Im Weltall braucht es vor allem eines: Geschwindigkeit und Zuverlässigkeit. Die GG Group (Gebauer & Griller Kabelwerke Gesellschaft m.b.H.) zählt seit Jahrzehnten zu den führenden Herstellern von Kabeln und Leitungen für die Automobilindustrie. Das international tätige Industrieunternehmen in Familienbesitz mit Sitz in Wien und Kabelwerk im niederösterreichischen Poysdorf geht mit dem Projekt „GG goes 2Space“ nun einen Schritt in Richtung Raumfahrt. Die neue Datenleitung „2Space251″ wurde für moderne Satellitensysteme entwickelt, die neben einer schnellen und zuverlässigen auch eine industriell skalierbare Datenkommunikation benötigen.

Von der Automobilbranche zur Weltraumanwendung

Entstanden ist das Projekt aus dem Interesse internationaler Raumfahrtunternehmen an industriell produzierbaren Hochleistungs-Datenkabeln für Satelliten. Die GG Group verfolgt dabei eben diesen industriellen Ansatz. Bewährte Standards aus der Automobilbranche sollen für Satelliten und weitere Weltraumanwendungen adaptiert werden. Dadurch sollen bei hohen Qualitäts- und Zuverlässigkeitsstandards die Entwicklungszeit verkürzt und die Kosten gesenkt werden.

„Mit GG goes 2Space übertragen wir unsere Erfahrung aus der Automobilindustrie in ein neues, stark wachsendes Technologiefeld. Unser Ziel ist nicht nur die Entwicklung einer einzelnen Datenleitung, sondern der Aufbau eines industriell skalierbaren Technologieportfolios für Raumfahrtanwendungen“, sagt Joseph Riegler, Projektmanager bei der GG Group.

Teil des ESA Phi-Lab Austria

Das Unternehmen wurde bereits in das ESA Phi-Lab Austria aufgenommen. Das Kompetenzzentrum unterstützt Firmen bei der Industrialisierung europäischer Raumfahrttechnologie. Dabei werden technologisches Know-how, internationale Netzwerke sowie Entwicklungs- und Testinfrastruktur verbunden. Die GG Group möchte mit der Aufnahme in das ESA Phi-Lab Austria ihre 2Space-Technologie weiter an die Anforderungen der Raumfahrt heranführen. Gleichzeitig soll der Zugang zum europäischen Space-Ökosystem gezielt ausgebaut werden.

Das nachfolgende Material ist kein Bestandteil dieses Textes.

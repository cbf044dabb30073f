-- ===== src/Store/Valid.antt =====
-- The invariant of a store, and each method on a store that has it.
use redis_plus.Prelude.{◌≡◌, ◌≢◌, false, none, some, Bytes, beq_iff, arith, Bool-cases, inl, inr}
use redis_plus.Prelude.Int.{ℤ, neg_part, eq_ℤ, leb_ℤ}
use redis_plus.Dict
use redis_plus.Dict.Keys.{NodupKeys, insert-NodupKeys, erase-NodupKeys}
use redis_plus.Store.{Store, no_expiry, remove, reap_lazily, set, clear, empty}

-- Only stored keys have deadlines, a deadline is never the mark for none, each table holds a key
-- once, and the clock is past the epoch.
pub record IsValid (s : Store) : Type 0 where
  pub tracked : (k : Bytes) → Dict.find k s.map ≡ none → Dict.find k s.expires ≡ none
  pub no_sentinel : (k : Bytes) → Dict.find k s.expires ≢ some no_expiry
  pub map_nodup : NodupKeys s.map
  pub expires_nodup : NodupKeys s.expires
  pub clock_nonneg : neg_part s.clock ≡ 0

pub empty-IsValid : (clock : ℤ) → neg_part clock ≡ 0 → IsValid (empty clock)
empty-IsValid clock h = record {
  tracked = λ k _. Dict.find-nil k;
  no_sentinel = λ k e. cc (Dict.find-nil {V = ℤ} k);
  map_nodup = tt;
  expires_nodup = tt;
  clock_nonneg = h;
}

module _ (s : Store) (v : IsValid s) where
  pub clear-IsValid : IsValid (clear s)
  unfolding clear
  clear-IsValid = record {
    tracked = λ k _. Dict.find-nil k;
    no_sentinel = λ k e. cc (Dict.find-nil {V = ℤ} k);
    map_nodup = tt;
    expires_nodup = tt;
    clock_nonneg = v.clock_nonneg;
  }

  pub remove-IsValid : (key : Bytes) → IsValid (remove key s)
  unfolding remove
  remove-IsValid key = record {
    tracked = λ k h.
        ground (arith, Dict.find-erase key k s.map, Dict.find-erase key k s.expires, v.tracked k);
    no_sentinel = λ k h. ground (arith, Dict.find-erase key k s.expires, v.no_sentinel k);
    map_nodup = erase-NodupKeys key s.map v.map_nodup;
    expires_nodup = erase-NodupKeys key s.expires v.expires_nodup;
    clock_nonneg = v.clock_nonneg;
  }

  pub reap_lazily-IsValid : (key : Bytes) → IsValid (reap_lazily key s)
  reap_lazily-IsValid key =
      let r = remove-IsValid key in
      record {
        tracked = r.tracked;
        no_sentinel = r.no_sentinel;
        map_nodup = r.map_nodup;
        expires_nodup = r.expires_nodup;
        clock_nonneg = r.clock_nonneg;
      }

  pub set-IsValid : (key value : Bytes) (deadline : ℤ) → IsValid (set key value deadline s)
  unfolding set
  set-IsValid key value deadline = elim (Bool-cases (eq_ℤ deadline no_expiry)) [
    | inl same ↦ rw same (record {
      tracked = λ k h.
          ground (
            arith,
            Dict.find-insert key k value s.map,
            Dict.find-erase key k s.expires,
            v.tracked k,
          );
      no_sentinel = λ k h. ground (arith, Dict.find-erase key k s.expires, v.no_sentinel k);
      map_nodup = insert-NodupKeys key value s.map v.map_nodup;
      expires_nodup = erase-NodupKeys key s.expires v.expires_nodup;
      clock_nonneg = v.clock_nonneg;
    })
    | inr other ↦ rw other (record {
      tracked = λ k h. ground (
        arith,
        Dict.find-insert key k value s.map,
        Dict.find-insert key k deadline s.expires,
        v.tracked k,
      );
      no_sentinel =
          λ k h. ground (arith, Dict.find-insert key k deadline s.expires, v.no_sentinel k);
      map_nodup = insert-NodupKeys key value s.map v.map_nodup;
      expires_nodup = insert-NodupKeys key deadline s.expires v.expires_nodup;
      clock_nonneg = v.clock_nonneg;
    })
  ]

  pub redate-IsValid :
      (key : Bytes) (deadline : ℤ) (value : Bytes)
      → Dict.find key s.map ≡ some value
      → leb_ℤ deadline s.clock ≡ false
      → IsValid (record s { expires = Dict.insert key deadline s.expires })
  redate-IsValid key deadline value e late = record {
    tracked = λ k h.
        ground (arith, beq_iff key k, Dict.find-insert key k deadline s.expires, v.tracked k);
    no_sentinel = λ k h.
        ground (arith, v.clock_nonneg, Dict.find-insert key k deadline s.expires, v.no_sentinel k);
    map_nodup = v.map_nodup;
    expires_nodup = insert-NodupKeys key deadline s.expires v.expires_nodup;
    clock_nonneg = v.clock_nonneg;
  }

  pub undate-IsValid : (key : Bytes) → IsValid (record s { expires = Dict.erase key s.expires })
  undate-IsValid key = record {
    tracked = λ k h. ground (arith, Dict.find-erase key k s.expires, v.tracked k);
    no_sentinel = λ k h. ground (arith, Dict.find-erase key k s.expires, v.no_sentinel k);
    map_nodup = v.map_nodup;
    expires_nodup = erase-NodupKeys key s.expires v.expires_nodup;
    clock_nonneg = v.clock_nonneg;
  }
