-- ===== src/Store/Snapshot.antt =====
-- Snapshots: what they hold, what loading one gives, and the count of live keys.
pub mod Live
use redis_plus.Prelude.{
  ℕ, suc, ◌+◌, ◌-◌, ◌%◌, ◌≤◌, ◌<◌, ◌≡◌, ◌≢◌, refl, sym, ◌∙◌, Bool, true, false, not, ◌&&◌, Option,
  none, some, List, [], ◌∷◌, Bytes, beq, beq_iff, beq_refl, if◌then◌else◌, arith, Option-cases,
  Bool-cases, inl, inr, length,
}
use redis_plus.Prelude.Int.{ℤ, pos, negsuc, ◌≤ℤ◌, leb_ℤ, eq_ℤ, eq_ℤ_iff, two_64}
use redis_plus.Dict
use redis_plus.Dict.{Dict}
use redis_plus.Dict.Keys.{NodupKeys}
use redis_plus.Store.{
  Store, Record, no_expiry, past, deadline_or, is_dead, set, empty, snapshot, snapshot_of,
  load_record, load_records, size, count_past, keys, scan_keys, is_expired,
}
use redis_plus.Store.View.{Held, alive, view, deadline_of, set_refines}
use redis_plus.Store.Valid.{IsValid}
use redis_plus.Glob.{glob_match}

unfoldable pub or_else : Option Held → Option Held → Option Held
or_else none y = y
or_else (some x) y = some x

-- A deadline that is not the mark for none goes through the record and back.
pub deadline_of-deadline_or : (d : Option ℤ) → d ≢ some no_expiry → deadline_of (deadline_or d) ≡ d
deadline_of-deadline_or none h = refl
deadline_of-deadline_or (some d) h = ground (arith, eq_ℤ_iff d no_expiry)

pub is_dead-deadline_or :
    (d : Option ℤ) (now : ℤ) → d ≢ some no_expiry → is_dead (deadline_or d) now ≡ past now d
is_dead-deadline_or none now h = refl
is_dead-deadline_or (some d) now h = ground (arith, eq_ℤ_iff d no_expiry)

pub past_later :
    (d : Option ℤ) (now later : ℤ) → now ≤ℤ later → past now d ≡ true → past later d ≡ true
past_later none now later h p = p
past_later (some d) now later h p = ground arith

pub clock-load_record : (r : Record) (s : Store) → (load_record r s).clock ≡ s.clock
unfolding load_record set
clock-load_record r s = ground arith

-- One record of a snapshot, loaded: seen as it was, if it is still alive.
view-load_record :
    (key value : Bytes) (d : Option ℤ) (s : Store) (j : Bytes)
    → d ≢ some no_expiry
    → view (load_record (record { key = key; value = value; expire_at = deadline_or d }) s) j
      ≡ (if beq key j then or_else (alive s.clock (some value) d) (view s j) else view s j)
unfolding load_record or_else
view-load_record key value d s j h = ground (
  arith,
  is_dead-deadline_or d s.clock h,
  deadline_of-deadline_or d h,
  set_refines key s value (deadline_or d) j,
)

module _ (expires : Dict ℤ) (now : ℤ)
    (clean : (k : Bytes) → Dict.find k expires ≢ some no_expiry) where
  -- the rest of the table, loaded over a store `s` at a later time
  pub view-load_snapshot_of :
      (m : Dict Bytes) (s : Store) (j : Bytes)
      → NodupKeys m
      → now ≤ℤ s.clock
      → view (load_records (snapshot_of expires now m) s) j
        ≡ or_else (alive s.clock (Dict.find j m) (Dict.find j expires)) (view s j)
  unfolding snapshot_of load_records or_else Dict.find
  view-load_snapshot_of [] s j nodup h = refl
  view-load_snapshot_of ((key, value) ∷ m) s j (fresh, nodup) h =
      let d = Dict.find key expires in
      let r : Record = record { key = key; value = value; expire_at = deadline_or d } in
      let s1 = load_record r s in
      elim (Bool-cases (past now d)) [
        | inl dead ↦
            rw (is_dead-deadline_or d now (clean key), dead)
              (ground (
                arith,
                beq_iff key j,
                past_later d now s.clock h dead,
                view-load_snapshot_of m s j nodup h,
              ))
        | inr alive_now ↦
            rw (is_dead-deadline_or d now (clean key), alive_now)
              (ground (
                arith,
                beq_iff key j,
                clock-load_record r s,
                view-load_record key value d s j (clean key),
                view-load_snapshot_of m s1 j nodup (rw clock-load_record h),
              ))
      ]

-- The snapshot of a valid store, loaded into an empty store at that time or later, shows every
-- key as the first store would show it by then.
pub view-load-snapshot :
    (s : Store) (later : ℤ) (j : Bytes)
    → IsValid s
    → s.clock ≤ℤ later
    → view (load_records (snapshot s) (empty later)) j ≡ view (record s { clock = later }) j
unfolding snapshot view or_else
view-load-snapshot s later j v h = ground (
  arith,
  Dict.find-nil {V = Bytes} j,
  view-load_snapshot_of s.expires s.clock v.no_sentinel s.map (empty later) j v.map_nodup h,
)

Eine Million für 2Space-Technologie

Für das Projekt wird rund eine Million Euro veranschlagt. Ein großer Teil fließt in Entwicklungsaktivitäten und in die technologische Weiterentwicklung des Produktionsstandorts Poysdorf, wo in Zukunft die Kabel gefertigt werden sollen. Laut der Niederösterreichischen Landesregierung „positioniert sich Gebauer & Griller frühzeitig in einem Zukunftsmarkt“, denn die technologische Entwicklung und private Raumfahrtprogramme „erhöhen den Bedarf an leistungsfähigen, zuverlässigen und wirtschaftlich herstellbaren Komponenten“.